Ma è altrettanto triste ascoltare le puntuali e dolenti voci di chi, con il senno di poi,agitando la lisa bandiera del luogo comune, chiede a gran voce l'abolizione del pugilato. E' accaduto anche stavolta, nella solita scia velenosa seguita alla morte del coreano Choi, ucciso da un'emorragia cerebrale una settimana dopo aver vinto un match e poi essere crollato al tappeto in stato d'incoscienza. Non si può negare che il pugilato sia uno sport duro, difficile e pericoloso. Non si può negare che facciano meditare le 500 morti avvenute in un secolo (cento anni!) di boxe. E' però altrettanto innegabile che la boxe, proprio perchè disciplina rischiosa, abbia cercato e trovato soluzioni per ridurre al massimo i rischi di danni alla salute per i suoi protagonisti, diventando tra l'altro un eccellente banco di prova per i progressi medici in campo sportivo.

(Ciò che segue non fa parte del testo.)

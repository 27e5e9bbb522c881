-- ===== src/Settings.antt =====
-- The parts of the settings page (app/dashboard/app/config/page.tsx) outside its dialogs: the pool,
-- the connections with their reuse, and the tabs.
pub mod Pool
pub mod Reuse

Non è un caso che il CIO abbia sempre rimandato al mittente, con solidi argomenti a difesa, le ricorrenti richieste di abolizione della boxe dal programma olimpico.
Nella boxe professionistica sono stati introdotti controlli sanitari accuratissimi a monte (il pugile deve essere un atleta "perfetto") e non esiste federazione che autorizzi una riunione se non in presenza a bordoring di uno staff sanitario di pronto intervento.
Tutto questo rende il pugilato uno sport sicuro tanto quanto altre discipline.
Abolirlo "tanto per" sarebbe soltanto cedere alla banalità di chi, pur di non capire, preferisce cancellare.
Il maggior pericolo si trova nel momento della vittoria.